Et pour cause: en janvier 2013, il prend la direction d'une nouvelle équipe de recherche, Hybrid. Son objectif : fédérer et combiner les différentes manières d’interagir avec les environnements virtuels en proposant une approche hybride. Faire le lien entre l'interaction haptique ou pseudo-haptique, d'une part, et l'interaction cerveau/ordinateur d'autre part. Il reste donc beaucoup d'espace de découvertes pour Anatole Lécuyer, qui se réjouit de l'actuelle diffusion de la réalité virtuelle dans les applications grand public (TV et cinéma 3D, jeux vidéo, réalité augmentée, etc.). « Nous allons pouvoir diffuser massivement nos résultats et nos technologies », espère-t-il.
Témoignage
Alain Berthoz, professeur honoraire au Collège de France.

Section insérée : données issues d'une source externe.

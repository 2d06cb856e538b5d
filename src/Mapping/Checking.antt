-- ===== src/Mapping/Checking.antt =====
-- What `check_data_type` accepts.
use astarte_device_sdk_cpp.Base.{◌≡◌, ◌↔◌, refl, true, List, [], ◌∷◌, all, All, ok, arith}
use astarte_device_sdk_cpp.Data.{
  AstarteType, Doubles, Data, float64, float64s, get_type, same_type_iff,
}
use astarte_device_sdk_cpp.Mapping.{Mapping, check_data_type}

module _ (d : Doubles) where
  open d use {Double, is_finite}

  -- A double is finite, and so is each of an array; other data is as it is.
  abbrev pub IsFinite : Data Double → Type 0
  IsFinite (float64 x) = is_finite x ≡ true
  IsFinite (float64s xs) = All (λ x. is_finite x ≡ true) xs
  IsFinite _ = Unit

  all_iff : (xs : List Double) → (all is_finite xs ≡ true) ↔ All (λ x. is_finite x ≡ true) xs
  all_iff [] = (λ e. tt, λ h. refl)
  all_iff (x ∷ xs) = ground (arith, all_iff xs)

  -- Data passes exactly when its type is the mapping's and every double in it is finite.
  pub check_data_type_iff :
      (m : Mapping) (v : Data Double)
      → (check_data_type d m v ≡ ok tt) ↔ ((m.type ≡ get_type v) × IsFinite v)
  unfolding check_data_type get_type
  check_data_type_iff m (float64 x) = ground (
    arith,
    same_type_iff m.type AstarteType.double,
    same_type_iff m.type AstarteType.double_array,
  )
  check_data_type_iff m (float64s xs) = ground (
    arith,
    all_iff xs,
    same_type_iff m.type AstarteType.double,
    same_type_iff m.type AstarteType.double_array,
  )
  check_data_type_iff m v = ground (arith, same_type_iff m.type (get_type v))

Ce qui rend Anatole remarquable, c'est son imagination jointe à sa compétence technique. Durant sa thèse, déjà, il a fait la découverte importante de l'illusion pseudo-haptique (un sujet perçoit une force qui n'existe pas). Il a immédiatement compris que ce qu'il observait était important. Ce n'est pas donné à tout le monde de "voir" ainsi !
Nous avons travaillé ensemble à deux reprises. Tout d'abord, alors qu'il était encore au CEA de Fontenay, nous avons testé une de mes hypothèses que nous avons reformulée ensemble. Cela concernait le rôle des informations haptiques dans l'amélioration de la perception visuelle des déplacements. Une idée nouvelle qui exigeait d'Anatole, d'une part, de comprendre les bases neuroscientifiques et, d'autre part, de résoudre des problèmes non triviaux d'informatique. Il a alors démontré sa capacité à aborder des sujets ne relevant pas de sa compétence d'origine. Puis il est venu dans mon laboratoire de physiologie de la perception et de l'action, dans le cadre d'une collaboration Inria-Collège de France. Nous avons alors creusé cette hypothèse avec un stimulus plus complexe. Au cours de l'année qu'il a passée au Collège de France, nous avons développé ensemble au moins deux autres paradigmes concernant la perception de la réalité virtuelle, et un autre touchant à la perception de forces réelles. Je sais par ailleurs que son logiciel de traitement de l’EEG est très utilisé, et j’ai apprécié des démonstrations de technologies de mondes virtuels que j’ai vues dans son laboratoire à Rennes, et la façon dont Anatole formulait toujours, à propos d’un problème technique, une question fondamentale concernant la perception. Honnêtement, j'ai regretté son départ : j'ai essayé de l'attirer au Collège de France car j'aurais été ravi de sa présence dans notre laboratoire.
De manière plus générale, j'estime qu'il ne peut pas y avoir de progrès sérieux dans la compréhension du fonctionnement du cerveau sans la contribution de jeunes ayant une formation de computer science, d’informatique, et acceptant de se former, en plus, en neurosciences et sciences cognitives. Des gens capables non seulement de modéliser le fonctionnement cérébral, mais aussi de comparer les résultats avec ceux d'une expérimentation humaine concrète, et de comprendre les relations entre le langage du cerveau et celui de la machine. Anatole Lécuyer fait partie de cette génération aux frontières des sciences de l’ingénieur et des neurosciences qui font progresser le savoir et la technologie.